- Required work
For every line that contains the string "elim", pull that line out of the material below.

- Information
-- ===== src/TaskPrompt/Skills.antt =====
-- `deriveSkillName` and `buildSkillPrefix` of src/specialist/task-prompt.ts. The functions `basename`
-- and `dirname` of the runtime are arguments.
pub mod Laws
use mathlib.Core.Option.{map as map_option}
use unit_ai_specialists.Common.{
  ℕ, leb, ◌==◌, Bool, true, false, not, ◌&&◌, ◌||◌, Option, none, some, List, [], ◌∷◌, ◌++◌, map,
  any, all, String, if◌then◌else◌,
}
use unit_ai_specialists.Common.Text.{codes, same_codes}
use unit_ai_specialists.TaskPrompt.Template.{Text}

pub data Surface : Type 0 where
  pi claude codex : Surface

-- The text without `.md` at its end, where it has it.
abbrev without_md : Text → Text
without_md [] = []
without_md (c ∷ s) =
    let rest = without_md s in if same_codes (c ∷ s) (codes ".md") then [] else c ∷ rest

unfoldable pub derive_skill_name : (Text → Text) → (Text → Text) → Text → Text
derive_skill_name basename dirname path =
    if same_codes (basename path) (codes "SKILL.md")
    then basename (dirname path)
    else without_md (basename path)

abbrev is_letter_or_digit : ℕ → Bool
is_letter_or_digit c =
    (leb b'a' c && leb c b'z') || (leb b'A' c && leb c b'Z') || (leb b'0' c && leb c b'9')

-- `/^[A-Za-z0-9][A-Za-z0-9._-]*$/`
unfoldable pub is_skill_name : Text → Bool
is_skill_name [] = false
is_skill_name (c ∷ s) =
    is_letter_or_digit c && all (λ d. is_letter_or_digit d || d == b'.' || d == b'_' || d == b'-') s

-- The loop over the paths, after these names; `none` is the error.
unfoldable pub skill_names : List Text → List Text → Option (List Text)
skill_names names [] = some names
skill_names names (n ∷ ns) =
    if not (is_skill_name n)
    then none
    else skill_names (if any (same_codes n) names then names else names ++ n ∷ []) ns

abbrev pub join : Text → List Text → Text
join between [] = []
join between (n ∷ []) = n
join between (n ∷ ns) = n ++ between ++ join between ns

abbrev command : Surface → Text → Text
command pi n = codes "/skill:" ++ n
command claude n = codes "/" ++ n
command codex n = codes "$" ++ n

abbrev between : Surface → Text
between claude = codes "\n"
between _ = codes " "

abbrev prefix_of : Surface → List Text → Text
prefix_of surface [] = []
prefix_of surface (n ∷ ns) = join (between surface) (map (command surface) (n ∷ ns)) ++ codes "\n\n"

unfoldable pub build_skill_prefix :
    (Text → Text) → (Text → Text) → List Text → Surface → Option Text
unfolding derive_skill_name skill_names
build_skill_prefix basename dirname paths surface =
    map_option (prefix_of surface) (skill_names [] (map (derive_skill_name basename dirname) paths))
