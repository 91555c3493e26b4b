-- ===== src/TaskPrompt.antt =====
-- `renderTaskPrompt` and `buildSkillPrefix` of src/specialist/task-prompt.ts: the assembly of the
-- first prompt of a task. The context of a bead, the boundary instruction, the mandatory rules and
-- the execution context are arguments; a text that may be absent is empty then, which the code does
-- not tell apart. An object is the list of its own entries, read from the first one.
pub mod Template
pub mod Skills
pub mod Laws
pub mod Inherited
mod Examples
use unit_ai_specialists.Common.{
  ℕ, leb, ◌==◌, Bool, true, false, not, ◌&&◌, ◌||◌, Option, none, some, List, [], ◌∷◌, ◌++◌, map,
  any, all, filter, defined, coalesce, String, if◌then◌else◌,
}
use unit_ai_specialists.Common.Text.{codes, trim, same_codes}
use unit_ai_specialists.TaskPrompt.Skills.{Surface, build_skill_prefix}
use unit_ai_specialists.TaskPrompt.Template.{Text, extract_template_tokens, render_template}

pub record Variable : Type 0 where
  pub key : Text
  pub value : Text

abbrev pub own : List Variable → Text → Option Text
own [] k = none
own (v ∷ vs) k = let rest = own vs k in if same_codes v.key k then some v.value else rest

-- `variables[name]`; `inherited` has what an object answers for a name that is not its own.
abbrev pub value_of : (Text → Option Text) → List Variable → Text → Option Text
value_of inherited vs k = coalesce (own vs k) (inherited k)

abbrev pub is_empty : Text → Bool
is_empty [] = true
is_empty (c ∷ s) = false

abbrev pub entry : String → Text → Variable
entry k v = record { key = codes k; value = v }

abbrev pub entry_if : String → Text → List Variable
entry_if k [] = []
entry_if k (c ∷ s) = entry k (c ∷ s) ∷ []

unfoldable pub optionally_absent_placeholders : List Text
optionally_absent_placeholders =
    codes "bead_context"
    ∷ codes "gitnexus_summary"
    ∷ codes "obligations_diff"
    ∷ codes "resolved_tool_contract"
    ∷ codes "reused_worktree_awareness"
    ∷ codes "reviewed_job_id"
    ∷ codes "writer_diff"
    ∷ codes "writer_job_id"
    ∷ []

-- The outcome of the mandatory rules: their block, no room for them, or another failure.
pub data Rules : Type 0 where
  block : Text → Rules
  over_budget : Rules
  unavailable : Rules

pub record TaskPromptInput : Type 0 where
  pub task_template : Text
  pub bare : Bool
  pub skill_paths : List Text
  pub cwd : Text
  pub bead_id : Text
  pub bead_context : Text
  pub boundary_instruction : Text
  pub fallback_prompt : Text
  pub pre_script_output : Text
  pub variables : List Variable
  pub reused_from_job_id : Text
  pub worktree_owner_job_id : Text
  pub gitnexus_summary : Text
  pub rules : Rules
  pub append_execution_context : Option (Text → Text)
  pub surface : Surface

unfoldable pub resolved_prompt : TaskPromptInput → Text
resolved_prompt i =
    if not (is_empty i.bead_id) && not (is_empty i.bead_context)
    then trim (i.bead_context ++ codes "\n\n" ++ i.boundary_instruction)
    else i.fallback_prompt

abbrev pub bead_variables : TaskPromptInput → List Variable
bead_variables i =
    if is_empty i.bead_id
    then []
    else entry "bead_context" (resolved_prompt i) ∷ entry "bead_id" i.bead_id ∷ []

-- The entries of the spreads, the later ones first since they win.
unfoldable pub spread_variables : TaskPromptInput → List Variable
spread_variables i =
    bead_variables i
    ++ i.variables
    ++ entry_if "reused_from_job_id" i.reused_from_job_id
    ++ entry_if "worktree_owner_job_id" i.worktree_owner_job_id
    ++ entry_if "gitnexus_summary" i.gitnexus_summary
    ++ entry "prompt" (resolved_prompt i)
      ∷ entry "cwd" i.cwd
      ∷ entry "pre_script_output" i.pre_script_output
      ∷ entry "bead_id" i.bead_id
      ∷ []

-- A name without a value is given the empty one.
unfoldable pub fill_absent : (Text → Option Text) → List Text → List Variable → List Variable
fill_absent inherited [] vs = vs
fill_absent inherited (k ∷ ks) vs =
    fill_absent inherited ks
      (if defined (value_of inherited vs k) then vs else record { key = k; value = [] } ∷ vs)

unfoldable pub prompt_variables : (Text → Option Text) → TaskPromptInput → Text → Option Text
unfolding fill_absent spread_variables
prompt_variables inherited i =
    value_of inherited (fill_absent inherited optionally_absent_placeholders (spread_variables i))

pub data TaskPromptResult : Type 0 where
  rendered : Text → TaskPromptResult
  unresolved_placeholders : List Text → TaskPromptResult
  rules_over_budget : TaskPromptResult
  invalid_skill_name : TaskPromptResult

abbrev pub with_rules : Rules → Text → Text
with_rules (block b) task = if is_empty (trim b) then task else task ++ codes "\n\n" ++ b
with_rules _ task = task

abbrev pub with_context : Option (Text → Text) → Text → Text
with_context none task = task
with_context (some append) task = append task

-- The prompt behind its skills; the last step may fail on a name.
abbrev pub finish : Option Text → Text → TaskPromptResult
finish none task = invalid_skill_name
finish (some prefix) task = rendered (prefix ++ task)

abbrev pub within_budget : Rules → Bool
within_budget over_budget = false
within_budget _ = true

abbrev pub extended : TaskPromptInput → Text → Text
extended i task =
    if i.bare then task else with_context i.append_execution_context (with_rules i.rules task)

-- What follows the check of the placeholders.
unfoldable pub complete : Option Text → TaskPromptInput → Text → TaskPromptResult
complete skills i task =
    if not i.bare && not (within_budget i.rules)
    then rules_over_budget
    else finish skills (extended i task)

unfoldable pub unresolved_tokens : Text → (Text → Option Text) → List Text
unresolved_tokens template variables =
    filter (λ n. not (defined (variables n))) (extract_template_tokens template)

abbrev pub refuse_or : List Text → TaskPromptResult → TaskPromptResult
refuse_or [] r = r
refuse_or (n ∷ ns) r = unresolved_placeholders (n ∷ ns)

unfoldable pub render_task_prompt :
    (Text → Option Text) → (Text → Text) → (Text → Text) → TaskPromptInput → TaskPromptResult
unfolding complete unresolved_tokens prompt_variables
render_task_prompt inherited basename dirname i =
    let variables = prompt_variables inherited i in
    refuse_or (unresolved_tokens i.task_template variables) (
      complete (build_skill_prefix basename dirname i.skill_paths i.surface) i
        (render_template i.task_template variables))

...

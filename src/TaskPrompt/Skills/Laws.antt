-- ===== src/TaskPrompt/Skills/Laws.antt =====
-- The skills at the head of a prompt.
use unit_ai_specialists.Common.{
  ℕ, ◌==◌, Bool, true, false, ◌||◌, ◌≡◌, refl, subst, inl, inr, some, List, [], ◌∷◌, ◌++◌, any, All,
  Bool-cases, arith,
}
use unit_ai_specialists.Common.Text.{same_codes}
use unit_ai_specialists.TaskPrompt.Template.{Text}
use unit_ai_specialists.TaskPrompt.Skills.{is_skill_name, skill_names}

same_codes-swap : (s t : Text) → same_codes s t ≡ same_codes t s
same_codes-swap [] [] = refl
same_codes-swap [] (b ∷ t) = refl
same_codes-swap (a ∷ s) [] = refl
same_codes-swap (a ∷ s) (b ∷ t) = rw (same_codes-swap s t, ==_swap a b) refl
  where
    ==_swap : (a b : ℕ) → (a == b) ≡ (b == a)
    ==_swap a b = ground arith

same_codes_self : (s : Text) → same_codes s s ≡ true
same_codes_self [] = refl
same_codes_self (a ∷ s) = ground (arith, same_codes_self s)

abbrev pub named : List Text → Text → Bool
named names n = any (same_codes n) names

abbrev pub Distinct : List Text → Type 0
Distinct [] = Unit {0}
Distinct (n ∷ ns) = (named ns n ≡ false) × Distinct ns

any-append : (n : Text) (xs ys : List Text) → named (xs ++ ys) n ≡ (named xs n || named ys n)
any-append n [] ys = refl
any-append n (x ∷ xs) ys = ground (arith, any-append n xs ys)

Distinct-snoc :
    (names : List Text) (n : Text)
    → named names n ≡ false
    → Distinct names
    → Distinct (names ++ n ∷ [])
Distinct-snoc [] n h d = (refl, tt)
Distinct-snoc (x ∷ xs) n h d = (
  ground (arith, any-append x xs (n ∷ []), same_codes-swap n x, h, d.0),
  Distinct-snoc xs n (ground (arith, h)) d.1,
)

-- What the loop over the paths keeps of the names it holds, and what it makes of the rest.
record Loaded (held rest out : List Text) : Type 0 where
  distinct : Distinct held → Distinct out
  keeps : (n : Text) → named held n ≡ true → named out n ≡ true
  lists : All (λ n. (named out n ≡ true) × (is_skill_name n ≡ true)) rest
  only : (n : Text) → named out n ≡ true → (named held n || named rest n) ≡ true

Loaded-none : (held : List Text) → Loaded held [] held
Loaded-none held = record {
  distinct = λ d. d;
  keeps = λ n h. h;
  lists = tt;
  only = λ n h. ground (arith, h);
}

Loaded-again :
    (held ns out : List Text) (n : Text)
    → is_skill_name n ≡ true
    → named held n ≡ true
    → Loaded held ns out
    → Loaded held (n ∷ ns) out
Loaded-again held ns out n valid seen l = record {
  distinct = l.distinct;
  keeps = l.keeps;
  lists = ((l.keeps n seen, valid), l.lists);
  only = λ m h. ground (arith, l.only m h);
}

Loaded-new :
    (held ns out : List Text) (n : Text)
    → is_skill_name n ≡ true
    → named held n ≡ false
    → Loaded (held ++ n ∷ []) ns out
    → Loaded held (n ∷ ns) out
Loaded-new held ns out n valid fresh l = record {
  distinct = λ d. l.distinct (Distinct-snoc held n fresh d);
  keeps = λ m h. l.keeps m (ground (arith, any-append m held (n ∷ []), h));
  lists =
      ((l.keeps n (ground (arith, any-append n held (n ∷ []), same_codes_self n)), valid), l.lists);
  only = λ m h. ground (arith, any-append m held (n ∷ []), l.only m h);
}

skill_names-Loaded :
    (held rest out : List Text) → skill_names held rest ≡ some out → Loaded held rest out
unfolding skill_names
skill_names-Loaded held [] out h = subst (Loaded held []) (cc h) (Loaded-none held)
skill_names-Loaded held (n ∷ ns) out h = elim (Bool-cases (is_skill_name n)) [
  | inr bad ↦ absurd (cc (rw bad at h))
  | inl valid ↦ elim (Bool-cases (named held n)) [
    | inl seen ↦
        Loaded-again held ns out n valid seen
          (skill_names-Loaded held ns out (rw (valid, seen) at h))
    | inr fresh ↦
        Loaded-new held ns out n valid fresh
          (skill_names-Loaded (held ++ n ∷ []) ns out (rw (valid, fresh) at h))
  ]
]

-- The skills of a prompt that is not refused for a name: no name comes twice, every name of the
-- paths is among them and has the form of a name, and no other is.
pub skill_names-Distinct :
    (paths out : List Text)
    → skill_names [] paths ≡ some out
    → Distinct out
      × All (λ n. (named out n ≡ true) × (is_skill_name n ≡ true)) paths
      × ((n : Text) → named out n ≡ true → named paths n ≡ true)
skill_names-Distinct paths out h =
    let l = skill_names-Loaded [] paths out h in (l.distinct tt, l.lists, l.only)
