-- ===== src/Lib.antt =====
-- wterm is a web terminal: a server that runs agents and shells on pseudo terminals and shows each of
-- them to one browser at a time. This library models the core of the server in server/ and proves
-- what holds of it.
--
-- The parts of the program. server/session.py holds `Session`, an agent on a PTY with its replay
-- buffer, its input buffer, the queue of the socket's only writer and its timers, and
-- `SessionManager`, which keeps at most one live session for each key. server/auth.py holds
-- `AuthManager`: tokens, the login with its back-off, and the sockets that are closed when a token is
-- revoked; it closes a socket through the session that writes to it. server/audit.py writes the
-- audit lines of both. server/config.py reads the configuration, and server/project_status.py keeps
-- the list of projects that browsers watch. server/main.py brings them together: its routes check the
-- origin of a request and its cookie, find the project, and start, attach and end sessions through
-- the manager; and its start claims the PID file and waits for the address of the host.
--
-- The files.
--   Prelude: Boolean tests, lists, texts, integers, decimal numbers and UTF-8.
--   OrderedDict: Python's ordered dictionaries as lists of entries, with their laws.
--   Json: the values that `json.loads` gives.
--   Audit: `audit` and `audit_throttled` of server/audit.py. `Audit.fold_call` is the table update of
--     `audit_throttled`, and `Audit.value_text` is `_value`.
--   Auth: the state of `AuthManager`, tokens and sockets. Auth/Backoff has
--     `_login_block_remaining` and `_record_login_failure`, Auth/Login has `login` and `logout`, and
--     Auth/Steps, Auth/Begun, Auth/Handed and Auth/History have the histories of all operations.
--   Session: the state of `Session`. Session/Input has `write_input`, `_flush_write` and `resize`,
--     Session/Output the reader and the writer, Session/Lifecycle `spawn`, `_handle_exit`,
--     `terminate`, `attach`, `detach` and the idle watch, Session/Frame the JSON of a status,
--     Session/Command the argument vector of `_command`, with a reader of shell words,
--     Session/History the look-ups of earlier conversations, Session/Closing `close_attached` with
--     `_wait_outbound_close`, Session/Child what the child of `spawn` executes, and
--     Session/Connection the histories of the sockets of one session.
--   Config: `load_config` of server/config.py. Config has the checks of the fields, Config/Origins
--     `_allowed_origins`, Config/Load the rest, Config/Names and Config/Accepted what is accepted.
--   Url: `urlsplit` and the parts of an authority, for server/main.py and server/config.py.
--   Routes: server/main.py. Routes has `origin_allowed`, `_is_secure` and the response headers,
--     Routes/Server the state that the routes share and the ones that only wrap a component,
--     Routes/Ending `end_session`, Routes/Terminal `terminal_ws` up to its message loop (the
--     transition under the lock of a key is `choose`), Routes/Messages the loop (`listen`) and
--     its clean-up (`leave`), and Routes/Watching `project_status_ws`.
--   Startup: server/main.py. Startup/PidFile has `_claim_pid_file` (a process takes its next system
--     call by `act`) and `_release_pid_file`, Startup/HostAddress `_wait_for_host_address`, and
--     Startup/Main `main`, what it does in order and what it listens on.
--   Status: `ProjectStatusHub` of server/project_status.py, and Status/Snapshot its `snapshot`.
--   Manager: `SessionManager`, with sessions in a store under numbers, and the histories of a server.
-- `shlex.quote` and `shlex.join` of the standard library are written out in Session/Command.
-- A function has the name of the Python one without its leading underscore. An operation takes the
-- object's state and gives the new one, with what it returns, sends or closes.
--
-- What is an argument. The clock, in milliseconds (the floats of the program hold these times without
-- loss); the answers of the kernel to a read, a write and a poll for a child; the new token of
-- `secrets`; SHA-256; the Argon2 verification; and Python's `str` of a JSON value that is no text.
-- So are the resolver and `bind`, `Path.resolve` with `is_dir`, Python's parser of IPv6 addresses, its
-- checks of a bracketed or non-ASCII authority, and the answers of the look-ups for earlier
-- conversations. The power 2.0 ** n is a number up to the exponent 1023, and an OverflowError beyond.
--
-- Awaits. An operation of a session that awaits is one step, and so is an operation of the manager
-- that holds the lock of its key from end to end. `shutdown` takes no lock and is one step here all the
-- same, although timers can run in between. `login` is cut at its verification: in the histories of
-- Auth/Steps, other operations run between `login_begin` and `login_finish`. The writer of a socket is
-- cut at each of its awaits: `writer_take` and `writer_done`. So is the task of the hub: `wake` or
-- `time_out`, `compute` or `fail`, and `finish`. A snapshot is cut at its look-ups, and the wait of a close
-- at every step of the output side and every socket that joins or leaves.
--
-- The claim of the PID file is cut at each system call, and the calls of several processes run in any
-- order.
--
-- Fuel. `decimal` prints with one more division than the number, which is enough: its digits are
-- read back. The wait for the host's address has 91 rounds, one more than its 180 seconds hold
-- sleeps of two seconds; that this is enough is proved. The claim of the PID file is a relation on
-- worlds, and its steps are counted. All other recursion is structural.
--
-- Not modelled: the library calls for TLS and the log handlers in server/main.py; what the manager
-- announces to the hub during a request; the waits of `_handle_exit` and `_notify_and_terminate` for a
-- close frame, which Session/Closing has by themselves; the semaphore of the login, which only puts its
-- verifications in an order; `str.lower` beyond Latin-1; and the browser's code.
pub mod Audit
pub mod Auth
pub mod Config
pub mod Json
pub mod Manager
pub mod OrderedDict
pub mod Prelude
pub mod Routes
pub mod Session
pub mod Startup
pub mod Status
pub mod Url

- Result of the exercise
skill_names-Loaded held (n ∷ ns) out h = elim (Bool-cases (is_skill_name n)) [
  | inl valid ↦ elim (Bool-cases (named held n)) [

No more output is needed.